Ugly Growth. (And The Witness That Cheers It On)
For about 2 years, I have been hiking regularly when I need to enjoy the outdoors. Not want, need. I suppose I do not look like the typical hiker, as I am morbidly obese, wear ridiculously bright colors (not that hunter's orange though...no thank you) and am typically sporting a pink flower in my hair. There are days I track my miles but more often than not (and this drives the 'real' hikers' who care about stats absolutely bonkers) I don't. I have never much cared for statistics or numbers, well tracking them anyway. Instead, I just hike until my soul starts to heal. Or on the days I need it, I hike until I can feel my soul bleeding. Although I may not necessarily fit into the visual interpretation of what a hiker should look like my soul absolutely does. My soul matches the text book definition of what a hiker "is". My heart beats a little faster when a friend or acquaintance mentions taking on a new trail, my mouth smiles the biggest , showing off my spaced teeth, when I get to plan a short weekend trip being lost in nature, and my nerdy eyes shine brightest when I can feel the comfortable ache in my thighs after being out all day.
When I am in the woods, or on a trail, I find that I can pray easier.
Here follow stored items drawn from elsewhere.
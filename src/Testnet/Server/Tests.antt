-- ===== src/Testnet/Server/Tests.antt =====
-- A run of the testnet server: a request with no query, two that share a set-up, and one with a
-- padded value.
use x402_worker_template.Prelude.{◌+◌, ◌≤◌, String, none, List, [], ◌∷◌, All}
use x402_worker_template.Testnet.Server.{
  Request, Verdict, proceeds, Event, arrived, initialized, init_failed, new_server, run,
}
use x402_worker_template.Testnet.Server.Laws.{IsServed, failures, run-serves}

abbrev query_request : List (String × String) → Request
query_request params = record { params = params; payment = none; now = "2026-01-01T00:00:00.000Z" }

abbrev good : Request
good = query_request (("value", "hello") ∷ [])

abbrev padded : Request
padded = query_request (("value", " hello") ∷ [])

abbrev free : Request → Verdict
free r = proceeds (λ a. a)

abbrev arrivals : List Event
arrivals =
    arrived (query_request [])
    ∷ arrived good
    ∷ init_failed
    ∷ arrived good
    ∷ arrived good
    ∷ initialized
    ∷ arrived padded
    ∷ arrived good
    ∷ []

run-serves_example :
    All (IsServed free) (run free arrivals new_server).0
    × ((run free arrivals new_server).1.started ≤ 1 + failures arrivals)
run-serves_example = run-serves free arrivals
I can reflect easier. I can meditate like I cannot any other place. The leafy chaperones that tower over me and who watch the sweat bead down my round face must provide me this unspoken grace which allows me to be brutally honest and open with myself.
Maybe, I can connect with my spiritual self the best in nature because it is with every step I take-I take in nature, I challenge myself and my only witness (besides the rare occurrences I am hiking with someone) to the transformation of myself is nature. Nature has observed me give up after half a mile and want to cry. She has watched me fall, hard and curse ugly words. She has lovingly witnessed me take a moment to watch the leaves dance their final descent to the colorful forest floor. She has watched me pick myself up in the creek, and on the icy snow...and over branches or roots...and my own feet and choose to keep going. She has noticed that I chose to keep going especially....when I wanted to quit.
I find myself believing, that when you allow yourself to be open, ugly and raw with yourself or others around you, you can grow like you never thought possible.
In nature, I can pray freely, I can meditate, I can become lost because I have no fear of looking silly or stupid because it is a place where I have been found. I know that is my time to confess, ask for guidance or throw up some praise because I can feel my heart at peace.
On the last day my mom was coherent in this world, she asked me to take her to my favorite place on earth. I obliged and took her to the state park, PJ Hoffmaster, where I find myself hitting the trails quite often. We sat in the parking lot because she was too unstable on her feet, even when transferring her to a wheelchair or walker, so, we perched in my car watching people come off the trails, a little tired but still smiling or saw those just hitting the trails with an unbridled enthusiasm. She turned to me and quietly said, "I get it, kid. It's your challenge, it's your thing you gotta do it. You can't stand it when you don't do it, right?".
I really couldn't say anything, because in that moment she saw me. She was my mom. She was my friend. She was nature. She understood, she accepted that I was a weirdo who liked to walk and pray in the middle of the woods. So I just nodded my head. She was right, but to be fair, she often was. I cannot stand when I do not hike. When I was recovering from surgery and had to wait to get cleared by the surgeon and team I was chomping at the bit. Hiking is more than just traipsing over leaves and branches, it is trekking to a new me.
There are many things in this life I am unqualified to do and giving advice is one of them. I am of the belief that it is better to listen and let people figure out what is right for their hearts than to shove your agenda or ideals down their throats-with the exception if they are going to harm themselves or someone else in their lives. Well, tonite, I am breaking my own rule of not giving advice.
Don't be scared to admit what makes you happy. If you find something that lights your heart on fire and it leads you down weird paths of self-discovery and you feel nerdy and wonky...chances are you are doing something darn right. Growth, is not comfortable. Growth, is not pretty. Growth, is hideous. It hurts, it sucks, it changes you. Once in a while you will get lucky and have that person who stands by your side, their eyes misty, nodding because they understand why you have to do something.
But more often than not? You will have people who just don't get it. If you find yourself worried about what other people are thinking of your changes you are wasting precious time. There is no reason to care because, well, it is your life. Your life. YOUR LIFE. There will be supporters in your corner and people who will just never understand, and it is not your job to make them understand. Your one and only commitment, is to be true to yourself. Don't be afraid to hike your own hike friends, you have no clue where it can take you.